[Opening RECORDED DATA section]
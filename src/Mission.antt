-- ===== src/Mission.antt =====
-- The mission package, ros2_ws/src/patrol_mission/patrol_mission.
pub mod Frames
pub mod Config
pub mod States
pub mod Machine
pub mod Commands
pub mod Messages
pub mod Node
pub mod Examples
pub mod Startup
pub mod LoaderExamples
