-- ===== src/Mission/States.antt =====
-- ros2_ws/src/patrol_mission/patrol_mission/state_machine.py: the states, what a tick reads and
-- issues, and the tests on one reading that stand outside the class.
use patrol_drone.Prelude.{
  ℕ, Bool, true, false, if◌then◌else◌, ◌==◌, ◌&&◌, Option, none, negsuc, ℤ, not, some, ◌||◌,
}
use patrol_drone.Float.{Float}
use patrol_drone.Mission.Frames.{Point}

pub data MissionState : Type 0 where
  idle arming takeoff hover waypoint dwell rth landing abort done : MissionState

pub data AbortReason : Type 0 where
  no_reason external_signal low_battery manual_takeover timeout : AbortReason

-- The `auto()` values: two members are the same object exactly when their values agree.
abbrev pub value : MissionState → ℕ
value idle = 1
value arming = 2
value takeoff = 3
value hover = 4
value waypoint = 5
value dwell = 6
value rth = 7
value landing = 8
value abort = 9
value done = 10

abbrev pub is_state : MissionState → MissionState → Bool
is_state s t = value s == value t

abbrev pub is_last : MissionState → Option MissionState → Bool
is_last s none = false
is_last s (some t) = is_state s t

abbrev pub is_raised : AbortReason → Bool
is_raised no_reason = false
is_raised _ = true

-- Membership in `_NON_ABORTABLE`.
abbrev pub non_abortable : MissionState → Bool
non_abortable abort = true
non_abortable rth = true
non_abortable landing = true
non_abortable done = true
non_abortable _ = false

unfoldable pub local_position_usable : Bool → Bool → Bool
local_position_usable xy_valid z_valid = xy_valid && z_valid

module _ ⦃fl : Float⦄ where
  open fl use {F, milli, sub, le, lt, is_finite, dist}

  pub record Telemetry : Type 0 where
    pub now_s : F
    pub position_ned : Point
    pub armed : Bool
    pub offboard_active : Bool
    pub battery_remaining : F
    pub abort_requested : Bool
    pub manual_takeover : Bool
    pub timed_out : Bool

  pub record Command : Type 0 where
    pub arm : Bool
    pub set_offboard : Bool
    pub land : Bool
    pub setpoint_ned : Option Point
    pub yaw : F
    pub current_waypoint : ℤ

  -- `Command()`
  abbrev pub no_command : Command
  no_command = record {
    arm = false;
    set_offboard = false;
    land = false;
    setpoint_ned = none;
    yaw = milli 0;
    current_waypoint = negsuc 0;
  }

  -- `Command(setpoint_ned=p)`
  abbrev pub fly_to : Point → Command
  fly_to p = record no_command { setpoint_ned = some p }

  pub record Progress : Type 0 where
    pub last_state : Option MissionState
    pub state_entered_s : F
    pub inside_since_s : Option F
    pub waypoint_index : ℕ
    pub abort_reason : AbortReason

  unfoldable pub telemetry_fresh : F → F → Bool
  telemetry_fresh age_s timeout_s = le age_s timeout_s

  unfoldable pub battery_low : F → F → Bool
  battery_low remaining threshold =
      if not (is_finite remaining) || lt remaining (milli 0) then false else lt remaining threshold
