-- ===== src/Mission/Commands.antt =====
-- ros2_ws/src/patrol_mission/patrol_mission/commands.py: which vehicle commands a tick sends.
use patrol_drone.Prelude.{Bool, ◌&&◌, List, [], ◌∷◌, ◌++◌, if◌then◌else◌}
use patrol_drone.Float.{Float}
use patrol_drone.Mission.States.{Command}

pub data Px4CommandKind : Type 0 where
  do_set_offboard do_arm do_land : Px4CommandKind

module _ ⦃fl : Float⦄ where
  open fl use {F, milli}

  pub record Px4Command : Type 0 where
    pub kind : Px4CommandKind
    pub param1 : F
    pub param2 : F

  abbrev pub set_offboard_command : Px4Command
  set_offboard_command = record { kind = do_set_offboard; param1 = milli 1000; param2 = milli 6000 }

  abbrev pub arm_command : Px4Command
  arm_command = record { kind = do_arm; param1 = milli 1000; param2 = milli 0 }

  abbrev pub land_command : Px4Command
  land_command = record { kind = do_land; param1 = milli 0; param2 = milli 0 }

  -- `if test: out.append(command)`
  abbrev append_if : Bool → Px4Command → List Px4Command → List Px4Command
  append_if test c out = if test then out ++ c ∷ [] else out

  unfoldable pub build_vehicle_commands : Command → Bool → Bool → List Px4Command
  build_vehicle_commands cmd warmup_elapsed offboard_requested =
      let warm =
        if warmup_elapsed
        then append_if (cmd.arm && offboard_requested) arm_command
            (append_if cmd.set_offboard set_offboard_command [])
        else [] in
      append_if cmd.land land_command warm
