-- ===== src/Mission/Config.antt =====
-- ros2_ws/src/patrol_mission/patrol_mission/config.py: the parsed mission, as frozen records.
pub mod Yaml
pub mod Sections
pub mod Checkpoints
pub mod Waypoints
pub mod Loader
pub mod Flyable
pub mod Lookup
pub mod Keys
use patrol_drone.Prelude.{String, Option, List}
use patrol_drone.Float.{Float}
use patrol_drone.Mission.Frames.{Point}

module _ ⦃fl : Float⦄ where
  open fl use {F}

  pub record Completion : Type 0 where
    pub tolerance_m : F
    pub hold_time_s : F

  pub record AbortConfig : Type 0 where
    pub low_battery_threshold : F

  pub record Approach : Type 0 where
    pub standoff_m : F
    pub camera_pitch_rad : F

  pub record Waypoint : Type 0 where
    pub position : Point
    pub frame : String
    pub dwell_s : F
    pub checkpoint_id : Option String
    pub yaw_enu : Option F

  pub record MissionConfig : Type 0 where
    pub takeoff_alt_m : F
    pub hover_time_s : F
    pub completion : Completion
    pub abort : AbortConfig
    pub home_position : Point
    pub home_frame : String
    pub waypoints : List Waypoint
    pub approach : Approach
[Closing RECORDED DATA section]
EXERCISE |
The records shown earlier should all be returned verbatim.

EXERCISE SOLUTION |
filename src/Mission.antt
-- ===== src/Mission.antt =====
-- The mission package, ros2_ws/src/patrol_mission/patrol_mission.
pub mod Frames
pub mod Config
pub mod States
pub mod Machine
pub mod Commands
pub mod Messages
pub mod Node
pub mod Examples
pub mod Startup
pub mod LoaderExamples
-- ===== src/Mission/States.antt =====
-- ros2_ws/src/patrol_mission/patrol_mission/state_machine.py: the states, what a tick reads and
-- issues, and the tests on one reading that stand outside the class.
use patrol_drone.Prelude.{
  ℕ, Bool, true, false, if◌then◌else◌, ◌==◌, ◌&&◌, Option, none, negsuc, ℤ, not, some, ◌||◌,
}
use patrol_drone.Float.{Float}
use patrol_drone.Mission.Frames.{Point}

pub data MissionState : Type 0 where
  idle arming takeoff hover waypoint dwell rth landing abort done : MissionState

pub data AbortReason : Type 0 where
  no_reason external_signal low_battery manual_takeover timeout : AbortReason

-- The `auto()` values: two members are the same object exactly when their values agree.
abbrev pub value : MissionState → ℕ
value idle = 1
value arming = 2
value takeoff = 3
value hover = 4
value waypoint = 5
value dwell = 6
value rth = 7
value landing = 8
value abort = 9
value done = 10

abbrev pub is_state : MissionState → MissionState → Bool
is_state s t = value s == value t

abbrev pub is_last : MissionState → Option MissionState → Bool
is_last s none = false
is_last s (some t) = is_state s t

abbrev pub is_raised : AbortReason → Bool
is_raised no_reason = false
is_raised _ = true

-- Membership in `_NON_ABORTABLE`.
abbrev pub non_abortable : MissionState → Bool
non_abortable abort = true
non_abortable rth = true
non_abortable landing = true
non_abortable done = true
non_abortable _ = false

unfoldable pub local_position_usable : Bool → Bool → Bool
local_position_usable xy_valid z_valid = xy_valid && z_valid

module _ ⦃fl : Float⦄ where
  open fl use {F, milli, sub, le, lt, is_finite, dist}

  pub record Telemetry : Type 0 where
    pub now_s : F
    pub position_ned : Point
    pub armed : Bool
    pub offboard_active : Bool
    pub battery_remaining : F
    pub abort_requested : Bool
    pub manual_takeover : Bool
    pub timed_out : Bool

  pub record Command : Type 0 where
    pub arm : Bool
    pub set_offboard : Bool
    pub land : Bool
    pub setpoint_ned : Option Point
    pub yaw : F
    pub current_waypoint : ℤ

  -- `Command()`
  abbrev pub no_command : Command
  no_command = record {
    arm = false;
    set_offboard = false;
    land = false;
    setpoint_ned = none;
    yaw = milli 0;
    current_waypoint = negsuc 0;
  }

  -- `Command(setpoint_ned=p)`
  abbrev pub fly_to : Point → Command
  fly_to p = record no_command { setpoint_ned = some p }

  pub record Progress : Type 0 where
    pub last_state : Option MissionState
    pub state_entered_s : F
    pub inside_since_s : Option F
    pub waypoint_index : ℕ
    pub abort_reason : AbortReason

  unfoldable pub telemetry_fresh : F → F → Bool
  telemetry_fresh age_s timeout_s = le age_s timeout_s

  unfoldable pub battery_low : F → F → Bool
  battery_low remaining threshold =
      if not (is_finite remaining) || lt remaining (milli 0) then false else lt remaining threshold
-- ===== src/Mission/Commands.antt =====
-- ros2_ws/src/patrol_mission/patrol_mission/commands.py: which vehicle commands a tick sends.
use patrol_drone.Prelude.{Bool, ◌&&◌, List, [], ◌∷◌, ◌++◌, if◌then◌else◌}
use patrol_drone.Float.{Float}
use patrol_drone.Mission.States.{Command}

pub data Px4CommandKind : Type 0 where
  do_set_offboard do_arm do_land : Px4CommandKind

module _ ⦃fl : Float⦄ where
  open fl use {F, milli}

  pub record Px4Command : Type 0 where
    pub kind : Px4CommandKind
    pub param1 : F
    pub param2 : F

  abbrev pub set_offboard_command : Px4Command
  set_offboard_command = record { kind = do_set_offboard; param1 = milli 1000; param2 = milli 6000 }

  abbrev pub arm_command : Px4Command
  arm_command = record { kind = do_arm; param1 = milli 1000; param2 = milli 0 }

  abbrev pub land_command : Px4Command
  land_command = record { kind = do_land; param1 = milli 0; param2 = milli 0 }

  -- `if test: out.append(command)`
  abbrev append_if : Bool → Px4Command → List Px4Command → List Px4Command
  append_if test c out = if test then out ++ c ∷ [] else out

  unfoldable pub build_vehicle_commands : Command → Bool → Bool → List Px4Command
  build_vehicle_commands cmd warmup_elapsed offboard_requested =
      let warm =
        if warmup_elapsed
        then append_if (cmd.arm && offboard_requested) arm_command
            (append_if cmd.set_offboard set_offboard_command [])
        else [] in
      append_if cmd.land land_command warm
-- ===== src/Mission/Config.antt =====
-- ros2_ws/src/patrol_mission/patrol_mission/config.py: the parsed mission, as frozen records.
pub mod Yaml
pub mod Sections
pub mod Checkpoints
pub mod Waypoints
pub mod Loader
pub mod Flyable
pub mod Lookup
pub mod Keys
use patrol_drone.Prelude.{String, Option, List}
use patrol_drone.Float.{Float}
use patrol_drone.Mission.Frames.{Point}

module _ ⦃fl : Float⦄ where
  open fl use {F}

  pub record Completion : Type 0 where
    pub tolerance_m : F
    pub hold_time_s : F

  pub record AbortConfig : Type 0 where
    pub low_battery_threshold : F

  pub record Approach : Type 0 where
    pub standoff_m : F
    pub camera_pitch_rad : F

  pub record Waypoint : Type 0 where
    pub position : Point
    pub frame : String
    pub dwell_s : F
    pub checkpoint_id : Option String
    pub yaw_enu : Option F

  pub record MissionConfig : Type 0 where
    pub takeoff_alt_m : F
    pub hover_time_s : F
    pub completion : Completion
    pub abort : AbortConfig
    pub home_position : Point
    pub home_frame : String
    pub waypoints : List Waypoint
    pub approach : Approach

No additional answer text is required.